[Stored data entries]
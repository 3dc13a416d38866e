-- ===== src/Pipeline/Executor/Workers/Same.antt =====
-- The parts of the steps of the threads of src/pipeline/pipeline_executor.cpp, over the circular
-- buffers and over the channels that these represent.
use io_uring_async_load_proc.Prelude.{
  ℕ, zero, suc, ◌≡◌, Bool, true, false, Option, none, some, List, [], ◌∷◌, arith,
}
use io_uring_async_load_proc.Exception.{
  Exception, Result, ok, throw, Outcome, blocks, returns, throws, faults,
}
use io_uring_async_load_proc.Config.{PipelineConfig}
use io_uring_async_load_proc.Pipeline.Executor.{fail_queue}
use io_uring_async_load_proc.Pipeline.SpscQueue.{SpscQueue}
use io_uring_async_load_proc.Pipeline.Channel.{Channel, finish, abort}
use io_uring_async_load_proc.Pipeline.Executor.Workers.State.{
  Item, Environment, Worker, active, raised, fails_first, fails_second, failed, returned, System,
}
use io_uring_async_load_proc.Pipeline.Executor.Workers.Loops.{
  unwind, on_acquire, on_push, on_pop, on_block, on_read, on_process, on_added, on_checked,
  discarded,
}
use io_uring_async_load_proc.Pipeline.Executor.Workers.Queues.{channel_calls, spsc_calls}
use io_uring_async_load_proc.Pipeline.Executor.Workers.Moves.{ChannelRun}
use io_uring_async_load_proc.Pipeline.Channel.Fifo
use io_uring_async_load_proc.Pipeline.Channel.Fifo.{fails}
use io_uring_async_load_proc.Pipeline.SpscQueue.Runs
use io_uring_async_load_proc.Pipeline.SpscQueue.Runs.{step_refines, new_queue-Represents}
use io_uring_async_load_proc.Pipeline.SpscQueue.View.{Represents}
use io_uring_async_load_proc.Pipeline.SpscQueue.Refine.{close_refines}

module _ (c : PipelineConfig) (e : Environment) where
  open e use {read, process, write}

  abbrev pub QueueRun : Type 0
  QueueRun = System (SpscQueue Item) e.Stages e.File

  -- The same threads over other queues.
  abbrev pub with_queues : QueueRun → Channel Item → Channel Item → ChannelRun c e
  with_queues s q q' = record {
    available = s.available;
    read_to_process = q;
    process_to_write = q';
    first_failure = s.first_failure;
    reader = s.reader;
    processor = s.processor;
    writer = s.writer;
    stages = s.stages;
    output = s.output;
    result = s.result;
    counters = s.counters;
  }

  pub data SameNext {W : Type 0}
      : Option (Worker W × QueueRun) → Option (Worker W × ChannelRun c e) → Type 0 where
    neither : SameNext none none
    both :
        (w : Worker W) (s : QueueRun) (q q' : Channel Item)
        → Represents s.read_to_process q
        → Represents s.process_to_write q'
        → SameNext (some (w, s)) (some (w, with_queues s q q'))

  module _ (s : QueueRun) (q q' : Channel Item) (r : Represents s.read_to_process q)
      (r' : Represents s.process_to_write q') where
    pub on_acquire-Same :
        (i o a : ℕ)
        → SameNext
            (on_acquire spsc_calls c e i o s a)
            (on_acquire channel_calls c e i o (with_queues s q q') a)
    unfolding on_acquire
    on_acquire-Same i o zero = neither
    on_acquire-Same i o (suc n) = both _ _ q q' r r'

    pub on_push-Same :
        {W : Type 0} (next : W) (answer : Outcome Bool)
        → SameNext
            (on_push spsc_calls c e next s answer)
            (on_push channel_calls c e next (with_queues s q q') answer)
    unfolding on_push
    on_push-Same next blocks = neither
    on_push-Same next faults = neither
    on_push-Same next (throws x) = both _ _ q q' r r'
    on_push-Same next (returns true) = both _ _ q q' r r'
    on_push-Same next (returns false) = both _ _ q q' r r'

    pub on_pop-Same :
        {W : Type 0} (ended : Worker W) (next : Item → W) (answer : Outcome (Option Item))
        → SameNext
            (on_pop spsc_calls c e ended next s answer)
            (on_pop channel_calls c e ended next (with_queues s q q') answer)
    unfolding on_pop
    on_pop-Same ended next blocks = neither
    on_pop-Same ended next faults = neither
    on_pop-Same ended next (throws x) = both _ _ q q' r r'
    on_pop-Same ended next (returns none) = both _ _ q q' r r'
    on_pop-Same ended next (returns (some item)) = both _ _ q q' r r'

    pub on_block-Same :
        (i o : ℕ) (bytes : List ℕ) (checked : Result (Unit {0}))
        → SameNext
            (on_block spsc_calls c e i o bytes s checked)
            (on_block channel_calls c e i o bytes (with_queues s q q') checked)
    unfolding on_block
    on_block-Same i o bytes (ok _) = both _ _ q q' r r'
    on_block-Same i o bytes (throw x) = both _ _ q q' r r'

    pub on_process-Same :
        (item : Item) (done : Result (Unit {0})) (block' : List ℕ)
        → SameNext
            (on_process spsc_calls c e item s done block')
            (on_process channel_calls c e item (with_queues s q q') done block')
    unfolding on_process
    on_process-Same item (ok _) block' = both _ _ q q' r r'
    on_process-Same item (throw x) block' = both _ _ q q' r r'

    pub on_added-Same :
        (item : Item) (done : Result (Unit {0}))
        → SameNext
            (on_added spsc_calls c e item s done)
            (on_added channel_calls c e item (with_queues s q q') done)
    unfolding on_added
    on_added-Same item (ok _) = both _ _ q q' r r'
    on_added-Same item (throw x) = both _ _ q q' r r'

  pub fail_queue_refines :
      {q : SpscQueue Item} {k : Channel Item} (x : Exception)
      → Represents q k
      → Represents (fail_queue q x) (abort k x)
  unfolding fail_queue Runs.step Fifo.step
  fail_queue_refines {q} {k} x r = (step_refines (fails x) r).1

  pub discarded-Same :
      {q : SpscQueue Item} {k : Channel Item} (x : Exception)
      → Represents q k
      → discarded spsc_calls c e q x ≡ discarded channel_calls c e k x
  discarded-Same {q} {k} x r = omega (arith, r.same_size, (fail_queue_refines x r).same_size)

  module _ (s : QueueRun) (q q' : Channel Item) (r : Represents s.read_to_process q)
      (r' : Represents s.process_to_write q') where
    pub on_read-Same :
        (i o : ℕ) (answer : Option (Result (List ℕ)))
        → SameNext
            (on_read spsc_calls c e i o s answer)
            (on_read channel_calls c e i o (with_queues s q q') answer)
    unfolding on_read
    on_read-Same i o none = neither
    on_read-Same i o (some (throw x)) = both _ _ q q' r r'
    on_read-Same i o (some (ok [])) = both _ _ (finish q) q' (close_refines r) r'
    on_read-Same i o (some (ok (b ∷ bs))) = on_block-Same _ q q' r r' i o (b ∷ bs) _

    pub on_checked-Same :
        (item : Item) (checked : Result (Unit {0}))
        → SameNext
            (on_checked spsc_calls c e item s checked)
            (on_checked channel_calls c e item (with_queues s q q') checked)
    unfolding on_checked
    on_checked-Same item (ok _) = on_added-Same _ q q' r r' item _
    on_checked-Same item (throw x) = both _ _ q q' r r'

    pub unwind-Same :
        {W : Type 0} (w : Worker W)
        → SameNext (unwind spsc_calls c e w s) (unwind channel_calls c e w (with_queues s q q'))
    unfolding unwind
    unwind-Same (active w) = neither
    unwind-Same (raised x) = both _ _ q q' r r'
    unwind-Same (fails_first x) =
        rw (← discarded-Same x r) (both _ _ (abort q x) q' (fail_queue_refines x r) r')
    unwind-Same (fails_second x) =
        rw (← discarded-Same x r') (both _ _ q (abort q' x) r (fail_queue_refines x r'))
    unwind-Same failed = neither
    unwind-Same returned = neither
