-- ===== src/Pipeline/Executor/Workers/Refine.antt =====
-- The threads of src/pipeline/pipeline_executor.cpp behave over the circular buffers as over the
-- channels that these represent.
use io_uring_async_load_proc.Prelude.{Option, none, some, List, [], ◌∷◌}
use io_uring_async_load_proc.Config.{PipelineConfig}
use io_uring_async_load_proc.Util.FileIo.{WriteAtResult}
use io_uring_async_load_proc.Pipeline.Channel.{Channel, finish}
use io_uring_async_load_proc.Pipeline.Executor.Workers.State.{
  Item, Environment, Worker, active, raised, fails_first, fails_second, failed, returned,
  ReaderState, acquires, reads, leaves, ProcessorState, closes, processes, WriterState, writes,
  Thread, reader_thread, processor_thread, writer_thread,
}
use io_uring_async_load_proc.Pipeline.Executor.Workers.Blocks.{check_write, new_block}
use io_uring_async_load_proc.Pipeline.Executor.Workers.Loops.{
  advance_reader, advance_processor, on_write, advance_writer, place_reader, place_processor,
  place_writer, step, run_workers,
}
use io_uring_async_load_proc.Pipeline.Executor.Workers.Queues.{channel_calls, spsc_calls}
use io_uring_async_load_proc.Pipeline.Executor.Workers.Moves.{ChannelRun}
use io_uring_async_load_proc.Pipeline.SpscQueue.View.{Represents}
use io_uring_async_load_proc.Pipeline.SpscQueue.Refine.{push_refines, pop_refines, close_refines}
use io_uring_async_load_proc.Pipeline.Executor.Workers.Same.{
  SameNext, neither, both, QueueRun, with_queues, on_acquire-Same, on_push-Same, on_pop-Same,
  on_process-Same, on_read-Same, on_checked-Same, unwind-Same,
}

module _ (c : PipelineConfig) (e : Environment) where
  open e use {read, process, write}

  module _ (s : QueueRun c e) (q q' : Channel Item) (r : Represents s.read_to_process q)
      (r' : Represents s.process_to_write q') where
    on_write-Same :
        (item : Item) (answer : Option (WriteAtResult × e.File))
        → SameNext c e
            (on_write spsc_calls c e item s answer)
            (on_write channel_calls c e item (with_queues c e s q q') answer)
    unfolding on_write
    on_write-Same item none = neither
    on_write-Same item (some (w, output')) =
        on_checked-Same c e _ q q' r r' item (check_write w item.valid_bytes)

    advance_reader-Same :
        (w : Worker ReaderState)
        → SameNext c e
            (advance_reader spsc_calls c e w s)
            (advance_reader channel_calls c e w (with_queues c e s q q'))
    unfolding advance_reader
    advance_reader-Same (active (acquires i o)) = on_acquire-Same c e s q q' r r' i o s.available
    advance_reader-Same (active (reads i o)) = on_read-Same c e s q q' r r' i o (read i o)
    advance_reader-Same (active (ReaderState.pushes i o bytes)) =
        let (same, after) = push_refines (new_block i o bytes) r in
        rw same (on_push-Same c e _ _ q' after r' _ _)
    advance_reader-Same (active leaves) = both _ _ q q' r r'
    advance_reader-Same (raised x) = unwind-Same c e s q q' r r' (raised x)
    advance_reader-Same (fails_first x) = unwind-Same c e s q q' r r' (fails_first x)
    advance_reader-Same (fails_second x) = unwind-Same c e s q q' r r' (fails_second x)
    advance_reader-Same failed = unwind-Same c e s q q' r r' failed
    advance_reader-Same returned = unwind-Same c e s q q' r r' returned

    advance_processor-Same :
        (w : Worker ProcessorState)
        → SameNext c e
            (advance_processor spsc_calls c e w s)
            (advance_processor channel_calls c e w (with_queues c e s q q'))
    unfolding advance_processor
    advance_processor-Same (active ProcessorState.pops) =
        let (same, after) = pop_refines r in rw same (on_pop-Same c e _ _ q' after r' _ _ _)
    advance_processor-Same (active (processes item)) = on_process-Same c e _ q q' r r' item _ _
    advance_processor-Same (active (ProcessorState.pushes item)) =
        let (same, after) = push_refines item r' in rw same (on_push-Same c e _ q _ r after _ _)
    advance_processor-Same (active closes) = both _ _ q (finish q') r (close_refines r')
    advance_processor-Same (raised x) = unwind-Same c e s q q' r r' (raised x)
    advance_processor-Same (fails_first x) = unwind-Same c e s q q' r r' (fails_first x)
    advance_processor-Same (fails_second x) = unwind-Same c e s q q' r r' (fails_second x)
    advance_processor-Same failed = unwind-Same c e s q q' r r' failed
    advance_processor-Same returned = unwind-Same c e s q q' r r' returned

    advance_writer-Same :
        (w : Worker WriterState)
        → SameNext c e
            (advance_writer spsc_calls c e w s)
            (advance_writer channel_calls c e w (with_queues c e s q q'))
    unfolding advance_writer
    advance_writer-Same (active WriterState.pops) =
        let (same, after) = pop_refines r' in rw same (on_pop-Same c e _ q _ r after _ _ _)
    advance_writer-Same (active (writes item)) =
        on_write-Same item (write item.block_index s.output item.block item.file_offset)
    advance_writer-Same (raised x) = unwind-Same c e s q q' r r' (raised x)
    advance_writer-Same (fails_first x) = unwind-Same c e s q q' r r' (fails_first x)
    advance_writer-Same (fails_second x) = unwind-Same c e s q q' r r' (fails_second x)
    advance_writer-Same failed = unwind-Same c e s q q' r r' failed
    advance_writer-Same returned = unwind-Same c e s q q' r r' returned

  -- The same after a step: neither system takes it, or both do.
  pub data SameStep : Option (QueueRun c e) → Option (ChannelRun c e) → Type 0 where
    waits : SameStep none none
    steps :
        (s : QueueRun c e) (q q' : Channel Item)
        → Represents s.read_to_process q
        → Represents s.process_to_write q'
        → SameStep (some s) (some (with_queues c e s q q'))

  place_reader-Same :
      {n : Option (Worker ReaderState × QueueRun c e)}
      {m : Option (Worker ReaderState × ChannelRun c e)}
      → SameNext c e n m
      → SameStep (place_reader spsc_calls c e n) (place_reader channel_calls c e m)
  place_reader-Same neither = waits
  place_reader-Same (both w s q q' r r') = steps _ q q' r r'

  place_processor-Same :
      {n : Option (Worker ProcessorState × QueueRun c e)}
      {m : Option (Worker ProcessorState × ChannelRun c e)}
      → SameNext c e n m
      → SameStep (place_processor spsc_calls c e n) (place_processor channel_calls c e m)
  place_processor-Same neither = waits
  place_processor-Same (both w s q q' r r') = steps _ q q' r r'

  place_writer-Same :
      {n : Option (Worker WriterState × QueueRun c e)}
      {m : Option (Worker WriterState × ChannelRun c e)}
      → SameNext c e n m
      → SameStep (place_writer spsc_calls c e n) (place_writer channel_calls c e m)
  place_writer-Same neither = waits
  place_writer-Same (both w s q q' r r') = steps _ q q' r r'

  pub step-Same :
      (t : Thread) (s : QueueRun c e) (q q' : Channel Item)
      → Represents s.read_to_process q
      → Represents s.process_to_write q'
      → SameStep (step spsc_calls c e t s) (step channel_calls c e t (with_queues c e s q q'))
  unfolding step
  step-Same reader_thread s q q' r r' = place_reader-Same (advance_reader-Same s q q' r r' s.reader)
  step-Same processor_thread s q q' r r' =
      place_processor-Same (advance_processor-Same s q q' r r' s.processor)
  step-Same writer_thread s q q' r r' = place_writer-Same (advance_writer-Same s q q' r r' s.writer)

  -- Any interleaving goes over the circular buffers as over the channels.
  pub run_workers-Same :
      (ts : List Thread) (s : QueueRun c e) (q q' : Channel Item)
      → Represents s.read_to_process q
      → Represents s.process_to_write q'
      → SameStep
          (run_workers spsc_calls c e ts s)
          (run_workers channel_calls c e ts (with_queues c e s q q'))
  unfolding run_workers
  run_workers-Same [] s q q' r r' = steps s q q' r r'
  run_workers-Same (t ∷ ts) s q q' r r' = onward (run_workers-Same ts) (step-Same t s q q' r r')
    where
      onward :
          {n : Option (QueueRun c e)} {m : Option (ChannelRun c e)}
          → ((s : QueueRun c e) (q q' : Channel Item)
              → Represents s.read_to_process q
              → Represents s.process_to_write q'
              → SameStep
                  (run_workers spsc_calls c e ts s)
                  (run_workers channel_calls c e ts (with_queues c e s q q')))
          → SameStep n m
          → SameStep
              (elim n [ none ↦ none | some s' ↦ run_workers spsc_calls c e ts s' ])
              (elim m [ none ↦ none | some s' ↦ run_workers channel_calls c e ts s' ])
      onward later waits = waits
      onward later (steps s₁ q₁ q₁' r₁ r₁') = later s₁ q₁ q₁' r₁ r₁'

#### About this task
Write down only the number of lines above where the word "zero" occurs.

#### Solution to the problem
2